Dataset entries:
■ ■ ■

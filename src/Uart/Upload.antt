-- ===== src/Uart/Upload.antt =====
-- The object that `http_up_data_rsp` of uart/uart_protocol.c makes of a measurement.
pub mod Fields
pub mod Zone
use multi_port_convertor.Base.{
  ℕ, ◌+◌, ◌-◌, ◌*◌, ◌/◌, ◌^◌, List, [], ◌∷◌, ◌++◌, Outcome, done, ◌>>=◌, ltb, if◌then◌else◌, length,
  u8, u16, u32, word, fetch, get_or, drop, decimal, two_digits, hex_byte,
}
use multi_port_convertor.Uart.State.{SystemInfo}
use multi_port_convertor.Uart.Reply.{c_string}

-- What `gmtime` gives.
pub record Tm : Type 0 where
  pub tm_year : ℕ
  pub tm_mon : ℕ
  pub tm_mday : ℕ
  pub tm_hour : ℕ
  pub tm_min : ℕ
  pub tm_sec : ℕ

-- The members of the object, by their names. All but the last three measured values are texts.
pub record Measurement : Type 0 where
  pub queue_num : List ℕ
  pub card_no : List ℕ
  pub time_zone : List ℕ
  pub measure_time : List ℕ
  pub tall_pressure : ℕ
  pub low_pressure : ℕ
  pub heart_rate : ℕ
  pub device_serial : List ℕ

-- The text of the variable `timezone`, here its pattern of 16 bits.
unfoldable pub zone_text : ℕ → List ℕ
zone_text timezone =
    let abs = 65536 - timezone in
    let east =
      if ltb timezone 10
      then b'+' ∷ b'0' ∷ (decimal timezone ++ (b'0' ∷ b'0' ∷ []))
      else b'+' ∷ (decimal timezone ++ (b'0' ∷ b'0' ∷ [])) in
    let west =
      if ltb abs 10
      then b'-' ∷ b'0' ∷ (decimal abs ++ (b'0' ∷ b'0' ∷ []))
      else b'-' ∷ (decimal abs ++ (b'0' ∷ b'0' ∷ [])) in
    if ltb timezone 32768 then east else west

abbrev joined : List (List ℕ) → List ℕ
joined [] = []
joined (x ∷ xs) = x ++ joined xs

-- `"%d-%02d-%02d %02d:%02d:%02d.000 "`
unfoldable pub time_text : Tm → List ℕ
time_text t = joined (
    decimal (t.tm_year + 1900)
    ∷ (b'-' ∷ [])
    ∷ two_digits t.tm_mon
    ∷ (b'-' ∷ [])
    ∷ two_digits t.tm_mday
    ∷ (32 ∷ [])
    ∷ two_digits t.tm_hour
    ∷ (b':' ∷ [])
    ∷ two_digits t.tm_min
    ∷ (b':' ∷ [])
    ∷ two_digits t.tm_sec
    ∷ (b'.' ∷ b'0' ∷ b'0' ∷ b'0' ∷ 32 ∷ [])
    ∷ [])

-- `"%02x:%02x:%02x:%02x:%02x:%02x"`
unfoldable pub serial_text : List ℕ → List ℕ
serial_text mac =
    let at_index : ℕ → List ℕ = λ i. hex_byte (get_or mac i 0) in
    joined (
      at_index 0
      ∷ (b':' ∷ [])
      ∷ at_index 1
      ∷ (b':' ∷ [])
      ∷ at_index 2
      ∷ (b':' ∷ [])
      ∷ at_index 3
      ∷ (b':' ∷ [])
      ∷ at_index 4
      ∷ (b':' ∷ [])
      ∷ at_index 5
      ∷ [])

-- `(data[p] << 8) | data[p + 1]`
unfoldable pub fetch_word : List ℕ → ℕ → Outcome ℕ
fetch_word d p = do msb ← fetch d p; lsb ← fetch d (p + 1); done (word msb lsb)

unfoldable pub fetch_time : List ℕ → ℕ → Outcome ℕ
unfolding fetch_word
fetch_time d p = do
  high ← fetch_word d p
  low ← fetch_word d (p + 2)
  done (u32 (high * 2 ^ 16 + low))

-- `http_up_data_rsp` up to the text of the object: `d` is `Data_p->data`, and `gmtime` the function
-- of that name. The second part of the result is `http_send_sn`.
unfoldable pub measurement_of :
    (gmtime : ℕ → Tm) → SystemInfo → ℕ → List ℕ → Outcome (Measurement × ℕ)
unfolding zone_text time_text serial_text fetch_time
measurement_of gmtime sys http_send_sn d = do
  card ← c_string d
  let p = length card + 1
  zone ← fetch_word d p
  utc_time ← fetch_time d (p + 2)
  tall ← fetch_word d (p + 6)
  low ← fetch_word d (p + 8)
  rate ← fetch_word d (p + 10)
  let time_zone = zone_text (u16 (zone / 2))
  done (
    record {
      queue_num = decimal http_send_sn;
      card_no = card;
      time_zone = time_zone;
      measure_time = time_text (gmtime utc_time) ++ time_zone;
      tall_pressure = tall;
      low_pressure = low;
      heart_rate = rate;
      device_serial = serial_text sys.mac;
    },
    u8 (http_send_sn + 1),
  )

■ ■ ■

Exercise instructions: Going over every line of the entries, tally those containing the string "west" and report only the figure.

Written answer: 2